The real take-home lesson is that evolution, on its best day, is an embarrassingly anemic process. In the face of real-world data, it’s evident that no matter what ideas we throw at the wall to try to help the story along, we still need massive numbers of organisms with rapid reproductive cycles to achieve even modest results by evolutionary means. We can argue about whether “effective” chloroquine resistance should be defined as requiring exactly four mutations. We can quibble about whether the mutations are beneficial or neutral. We can debate the math and even be off by an order of magnitude or more. Yet none of this alleviates the significant challenge the real-world data poses to the evolutionary story.

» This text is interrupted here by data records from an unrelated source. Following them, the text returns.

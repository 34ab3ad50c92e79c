-- ===== src/Brand/Loader/Cache.antt =====
-- The cached configuration stands in for the remote one until it expires, and is then removed.
use lite_nova.Prelude.{
  ℕ, ◌+◌, ◌-◌, ◌≡◌, ◌≤◌, ◌<◌, refl, sym, ap, ◌∙◌, true, false, String, List, [], ◌∷◌, Option, none,
  some, ltb, str_eq, eq_iff, if◌then◌else◌, arith,
}
use lite_nova.Brand.Merge.{Fields, deep_merge}
use lite_nova.Brand.Defaults.{default_brand_config}
use lite_nova.Brand.Loader.{
  CacheEntry, Json, Storage, get_item, set_item, remove_item, cached_entry, get_cached_config,
  set_cached_config, default, static, remote, runtime, ConfigLoadOptions, Fetched, loaded, failed,
  key_of, ttl_of, has_remote, Loading, add_layer, add_cached, add_remote, add_errors, merge_layers,
  load_brand_config, load_brand_config_sync,
}
use lite_nova.Brand.Loader.Laws.{add_layer-storage, merge_layers-merged}

get_item-set_item :
    (key raw : String) (items : List (String × String))
    → get_item key (set_item key raw items) ≡ some raw
unfolding get_item set_item
get_item-set_item key raw [] = ground (arith, eq_iff key key)
get_item-set_item key raw ((k, old) ∷ items) =
    ground (arith, eq_iff k key, get_item-set_item key raw items)

get_item-remove_item :
    (key : String) (items : List (String × String)) → get_item key (remove_item key items) ≡ none
unfolding get_item remove_item
get_item-remove_item key [] = refl
get_item-remove_item key ((k, raw) ∷ items) = ground (arith, get_item-remove_item key items)

add_cached-storage :
    (error : String) (o : Option Fields) (storage : Storage) (l : Loading)
    → (add_cached error (o, storage) l).storage ≡ storage
unfolding add_cached
add_cached-storage error none storage l = refl
add_cached-storage error (some fields) storage l = refl

module _ (json : Json) (options : ConfigLoadOptions) (asked : has_remote options ≡ true) where
  -- The storage behind the layers is that behind the remote step.
  merge_layers-storage :
      (now : ℕ) (fetched : Fetched) (runtime_overrides : Option Fields) (storage : Storage)
      → (merge_layers json now options fetched runtime_overrides storage).storage ≡ elim fetched [
        | loaded config ↦
            set_cached_config json now (key_of options) config (ttl_of options) storage
        | failed error ↦ (get_cached_config json now (key_of options) storage).1
      ]
  unfolding merge_layers
  merge_layers-storage now fetched runtime_overrides storage =
      let start : Loading = record {
        merged = default_brand_config;
        sources = default ∷ [];
        warnings = [];
        storage = storage;
      } in
      let l = add_layer static options.static_overrides start in
      add_layer-storage runtime runtime_overrides _
      ∙ rw asked (step fetched l (add_layer-storage static options.static_overrides start))
    where
      step :
          (fetched : Fetched) (l : Loading)
          → l.storage ≡ storage
          → (add_remote json now options fetched l).storage ≡ elim fetched [
            | loaded config ↦
                set_cached_config json now (key_of options) config (ttl_of options) storage
            | failed error ↦ (get_cached_config json now (key_of options) storage).1
          ]
      step (loaded config) l e =
          unfold add_remote in
          ap (set_cached_config json now (key_of options) config (ttl_of options))
            (add_layer-storage remote (some config) l ∙ e)
      step (failed error) l e =
          let (o, s) = get_cached_config json now (key_of options) l.storage in
          unfold add_remote in
          (add_cached-storage error o s l
            ∙ ap (λ st. (get_cached_config json now (key_of options) st).1) e)

-- The entry that is cached.
abbrev pub entry_of : ConfigLoadOptions → ℕ → Fields → CacheEntry
entry_of options now config = record { data_of = config; timestamp = now; ttl = ttl_of options }

-- The storage with a text written.
abbrev written : Storage → String → String → Storage
written storage key raw = record storage { items = set_item key raw storage.items }

module _ (json : Json) (options : ConfigLoadOptions) (now : ℕ) (config : Fields) (storage : Storage)
    (opened : storage.is_open ≡ true) (room : storage.is_full ≡ false)
    (back : json.parse (json.stringify (entry_of options now config))
      ≡ some (entry_of options now config))
    (long : str_eq (json.stringify (entry_of options now config)) "" ≡ false) where
  abbrev kept : Storage
  kept = written storage (key_of options) (json.stringify (entry_of options now config))

  set_cached_config-eq_kept :
      set_cached_config json now (key_of options) config (ttl_of options) storage ≡ kept
  unfolding set_cached_config
  set_cached_config-eq_kept = rw (opened, room) refl

  -- The cache is read at a later time.
  get_cached_config-kept :
      (later : ℕ)
      → get_cached_config json later (key_of options) kept ≡ (
          if ltb (ttl_of options) (later - now)
          then (none, record kept { items = remove_item (key_of options) kept.items })
          else (some config, kept))
  unfolding get_cached_config cached_entry
  get_cached_config-kept later =
      rw
        (
          opened,
          get_item-set_item (key_of options) (json.stringify (entry_of options now config))
              storage.items,
          long,
          back,
        )
        refl

  module _ (number_text : ℕ → String) (runtime_overrides : Option Fields) (error : String)
      (asked : has_remote options ≡ true) where
    -- The load that fetches the configuration, and a later one whose request fails.
    abbrev first : Loading
    first = load_brand_config number_text json now options (loaded config) runtime_overrides storage

    abbrev second : ℕ → Loading
    second later =
        load_brand_config number_text json later options (failed error) runtime_overrides
          first.storage

    first-storage : first.storage ≡ kept
    unfolding load_brand_config add_errors
    first-storage =
        merge_layers-storage json options asked now (loaded config) runtime_overrides storage
        ∙ set_cached_config-eq_kept

    first-merged :
        first.merged
        ≡ deep_merge
            (deep_merge (deep_merge default_brand_config options.static_overrides) (some config))
            runtime_overrides
    unfolding load_brand_config add_errors
    first-merged =
        merge_layers-merged json now options (loaded config) runtime_overrides storage
        ∙ rw asked refl

    failed-merged :
        (later : ℕ) (s : Storage)
        → (merge_layers json later options (failed error) runtime_overrides s).merged
          ≡ deep_merge
              (deep_merge
                (deep_merge default_brand_config options.static_overrides)
                (get_cached_config json later (key_of options) s).0)
              runtime_overrides
    failed-merged later s =
        merge_layers-merged json later options (failed error) runtime_overrides s ∙ rw asked refl

    second-merged :
        (later : ℕ)
        → (second later).merged
          ≡ deep_merge
              (deep_merge
                (deep_merge default_brand_config options.static_overrides)
                (get_cached_config json later (key_of options) kept).0)
              runtime_overrides
    unfolding load_brand_config add_errors
    second-merged later =
        failed-merged later first.storage
        ∙ ap
            (λ s.
              deep_merge
                (deep_merge (deep_merge default_brand_config options.static_overrides)
                  (get_cached_config json later (key_of options) s).0)
                runtime_overrides)
            first-storage

    second-storage :
        (later : ℕ)
        → (second later).storage ≡ (get_cached_config json later (key_of options) kept).1
    unfolding load_brand_config add_errors
    second-storage later =
        merge_layers-storage json options asked later (failed error) runtime_overrides first.storage
        ∙ ap (λ s. (get_cached_config json later (key_of options) s).1) first-storage

    -- A configuration that was fetched and cached is loaded again when a later request fails, until
    -- its time to live is over, and the cache is left as it is. The storage is usable and has room,
    -- and what is stored is not empty and is parsed as what was written.
    pub load_brand_config-cached :
        (later : ℕ)
        → later ≤ now + ttl_of options
        → ((second later).merged ≡ first.merged) × ((second later).storage ≡ first.storage)
    load_brand_config-cached later fresh =
        let young : ltb (ttl_of options) (later - now) ≡ false = ground arith in
        (
          second-merged later ∙ rw (get_cached_config-kept later, young) refl ∙ sym first-merged,
          second-storage later ∙ rw (get_cached_config-kept later, young) refl ∙ sym first-storage,
        )

    -- Once its time to live is over, a failed request loads what the overrides alone give, and the
    -- entry is removed from the storage. The conditions are those under which it was cached.
    pub load_brand_config-expired :
        (later : ℕ)
        → now + ttl_of options < later
        → ((second later).merged
            ≡ load_brand_config_sync options.static_overrides runtime_overrides)
          × (get_item (key_of options) (second later).storage.items ≡ none)
    unfolding load_brand_config_sync deep_merge
    load_brand_config-expired later old =
        let stale : ltb (ttl_of options) (later - now) ≡ true = ground arith in
        let gone : Storage = record kept { items = remove_item (key_of options) kept.items } in
        let read : get_cached_config json later (key_of options) kept ≡ (none, gone) =
          get_cached_config-kept later ∙ rw stale refl in
        (
          second-merged later ∙ rw read refl,
          ap (λ (s : Storage). get_item (key_of options) s.items)
                (second-storage later ∙ ap (λ (c : Option Fields × Storage). c.1) read)
              ∙ get_item-remove_item (key_of options) kept.items,
        )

This is the real lesson of chloroquine resistance. This is Behe’s real point. And once we recognize this point the exchange between Behe and his critics descends into something almost comical. After we strip away all the debating rhetoric and the fancy math and the intimidating biological terminology and look at the bottom line of the exchange, it goes something like this:

Behe: It was difficult for Plasmodium to evolve resistance to chloroquine. The evolutionary mechanism isn’t very effective if coordinated mutations are required. Thus, to explain what we see in biology, evolution doesn’t seem to work very well.

Moran and Friends: Oh yeah? Well here are additional pathways that show evolution doesn’t work very well. Take that!

Listen to the Parasites

Behe is quite right to argue that if we need something like 10^20 cells to confer a relatively simple trait like resistance to chloroquine (however arrived at), then the evolutionary story is in dire straits. To his credit, Moran correctly acknowledges that developing chloroquine resistance “is an event that is close to the edge of evolution.” Now he just needs to pause and appreciate the implications for the evolutionary story.

Are there functions in biology that are as complex or as difficult to achieve as chloroquine resistance? Of course there are. A brief look around the biosphere confirms that it would be irrational to think otherwise. Behe’s critics seem easily impressed by Plasmodium’s development of resistance to chloroquine as a shining example of the power of evolution. Yet remember, we’re not talking about forming a new organ or a new body plan, or constructing a new molecular machine, or building a new regulatory network, or even a single new gene. As Behe dryly observes, we’re only talking about “a few crummy point mutations in a pre-existing protein.”

Yet evidently this is about all we can expect from evolution.